• Exercise goal: Return the data below exactly, but only from the line containing "no_body none = tt" through the line containing "let b = is_set w.app.registration in", with both of those lines included.

• Study material:
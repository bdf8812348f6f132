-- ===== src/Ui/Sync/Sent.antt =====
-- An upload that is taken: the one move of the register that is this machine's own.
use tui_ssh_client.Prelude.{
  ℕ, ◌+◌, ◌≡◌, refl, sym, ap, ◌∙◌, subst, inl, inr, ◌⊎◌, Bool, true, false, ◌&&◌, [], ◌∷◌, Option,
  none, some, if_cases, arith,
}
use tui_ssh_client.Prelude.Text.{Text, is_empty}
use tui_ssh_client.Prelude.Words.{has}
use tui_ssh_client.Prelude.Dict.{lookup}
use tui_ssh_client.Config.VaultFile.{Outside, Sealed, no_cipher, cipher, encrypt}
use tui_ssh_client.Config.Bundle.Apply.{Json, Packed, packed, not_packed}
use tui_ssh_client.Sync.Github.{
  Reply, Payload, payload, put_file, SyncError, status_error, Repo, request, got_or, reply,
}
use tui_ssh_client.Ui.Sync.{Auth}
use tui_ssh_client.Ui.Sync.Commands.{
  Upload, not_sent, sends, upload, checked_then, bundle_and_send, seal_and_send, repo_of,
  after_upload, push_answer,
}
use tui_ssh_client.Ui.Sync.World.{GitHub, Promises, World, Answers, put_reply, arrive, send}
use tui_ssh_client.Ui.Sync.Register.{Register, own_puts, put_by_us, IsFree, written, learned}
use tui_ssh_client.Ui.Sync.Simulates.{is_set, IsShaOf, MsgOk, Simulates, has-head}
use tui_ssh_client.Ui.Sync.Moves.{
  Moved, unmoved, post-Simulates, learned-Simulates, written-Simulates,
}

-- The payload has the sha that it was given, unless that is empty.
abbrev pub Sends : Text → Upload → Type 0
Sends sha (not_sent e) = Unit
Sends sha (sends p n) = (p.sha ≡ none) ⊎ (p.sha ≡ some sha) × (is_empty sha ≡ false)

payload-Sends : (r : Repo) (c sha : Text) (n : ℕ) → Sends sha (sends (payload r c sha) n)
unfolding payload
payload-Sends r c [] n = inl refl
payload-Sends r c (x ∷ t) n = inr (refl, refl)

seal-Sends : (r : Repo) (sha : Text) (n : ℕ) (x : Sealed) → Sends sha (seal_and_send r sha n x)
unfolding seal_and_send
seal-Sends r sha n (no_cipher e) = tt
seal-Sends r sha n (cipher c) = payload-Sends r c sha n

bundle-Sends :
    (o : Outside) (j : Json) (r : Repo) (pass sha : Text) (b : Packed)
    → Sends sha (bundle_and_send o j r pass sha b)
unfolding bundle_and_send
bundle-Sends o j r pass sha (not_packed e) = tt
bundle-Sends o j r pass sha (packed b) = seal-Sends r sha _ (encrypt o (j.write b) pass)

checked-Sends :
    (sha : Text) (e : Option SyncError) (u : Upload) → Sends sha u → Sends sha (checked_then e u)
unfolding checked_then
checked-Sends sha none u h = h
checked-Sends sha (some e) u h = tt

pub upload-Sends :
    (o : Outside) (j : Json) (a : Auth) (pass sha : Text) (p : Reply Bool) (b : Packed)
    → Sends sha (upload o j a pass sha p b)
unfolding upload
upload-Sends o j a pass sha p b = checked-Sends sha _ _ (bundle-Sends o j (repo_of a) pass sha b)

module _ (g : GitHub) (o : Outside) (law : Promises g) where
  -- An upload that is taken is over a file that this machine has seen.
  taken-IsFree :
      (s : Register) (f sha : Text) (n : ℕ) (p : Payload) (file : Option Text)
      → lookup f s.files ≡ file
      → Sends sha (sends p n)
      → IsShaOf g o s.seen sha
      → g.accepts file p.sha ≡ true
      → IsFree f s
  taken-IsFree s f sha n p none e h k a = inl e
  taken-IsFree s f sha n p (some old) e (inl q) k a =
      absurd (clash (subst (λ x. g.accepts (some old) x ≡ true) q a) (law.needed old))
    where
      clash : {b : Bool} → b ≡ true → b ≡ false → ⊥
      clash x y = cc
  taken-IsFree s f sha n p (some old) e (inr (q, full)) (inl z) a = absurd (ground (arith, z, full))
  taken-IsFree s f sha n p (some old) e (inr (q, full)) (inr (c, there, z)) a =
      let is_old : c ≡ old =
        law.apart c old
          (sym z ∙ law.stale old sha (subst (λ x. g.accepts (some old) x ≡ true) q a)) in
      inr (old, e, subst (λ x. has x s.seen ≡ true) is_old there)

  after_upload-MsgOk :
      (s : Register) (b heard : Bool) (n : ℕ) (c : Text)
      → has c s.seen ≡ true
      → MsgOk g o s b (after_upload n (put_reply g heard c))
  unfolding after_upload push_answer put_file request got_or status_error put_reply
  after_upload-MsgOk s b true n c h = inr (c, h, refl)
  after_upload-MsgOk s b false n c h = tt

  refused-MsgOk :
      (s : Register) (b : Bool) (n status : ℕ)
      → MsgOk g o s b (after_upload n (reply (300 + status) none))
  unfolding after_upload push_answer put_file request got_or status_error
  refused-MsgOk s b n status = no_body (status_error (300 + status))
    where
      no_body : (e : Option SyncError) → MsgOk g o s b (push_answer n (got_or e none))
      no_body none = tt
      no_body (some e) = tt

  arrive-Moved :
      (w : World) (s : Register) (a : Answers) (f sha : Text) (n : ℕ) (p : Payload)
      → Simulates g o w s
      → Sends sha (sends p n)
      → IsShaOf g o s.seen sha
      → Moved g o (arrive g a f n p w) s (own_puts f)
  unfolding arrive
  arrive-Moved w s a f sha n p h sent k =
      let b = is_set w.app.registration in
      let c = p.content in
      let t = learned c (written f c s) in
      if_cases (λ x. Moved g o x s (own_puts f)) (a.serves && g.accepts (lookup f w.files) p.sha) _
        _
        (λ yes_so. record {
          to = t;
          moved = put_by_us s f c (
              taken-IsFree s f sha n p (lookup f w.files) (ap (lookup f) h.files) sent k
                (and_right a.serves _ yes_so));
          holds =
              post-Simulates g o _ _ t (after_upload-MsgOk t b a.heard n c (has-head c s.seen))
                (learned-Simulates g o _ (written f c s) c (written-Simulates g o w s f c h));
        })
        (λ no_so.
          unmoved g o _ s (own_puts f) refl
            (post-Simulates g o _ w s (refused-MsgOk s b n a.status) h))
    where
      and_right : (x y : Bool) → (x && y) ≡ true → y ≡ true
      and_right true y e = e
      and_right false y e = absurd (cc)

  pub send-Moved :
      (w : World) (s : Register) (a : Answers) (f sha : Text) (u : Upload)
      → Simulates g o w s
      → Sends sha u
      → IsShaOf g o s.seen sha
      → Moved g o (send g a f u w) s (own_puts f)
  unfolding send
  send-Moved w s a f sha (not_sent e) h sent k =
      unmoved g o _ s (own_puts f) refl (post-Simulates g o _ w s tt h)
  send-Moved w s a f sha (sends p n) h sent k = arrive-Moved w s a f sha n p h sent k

• Response to this task:
      no_body none = tt
      no_body (some e) = tt

  arrive-Moved :
      (w : World) (s : Register) (a : Answers) (f sha : Text) (n : ℕ) (p : Payload)
      → Simulates g o w s
      → Sends sha (sends p n)
      → IsShaOf g o s.seen sha
      → Moved g o (arrive g a f n p w) s (own_puts f)
  unfolding arrive
  arrive-Moved w s a f sha n p h sent k =
      let b = is_set w.app.registration in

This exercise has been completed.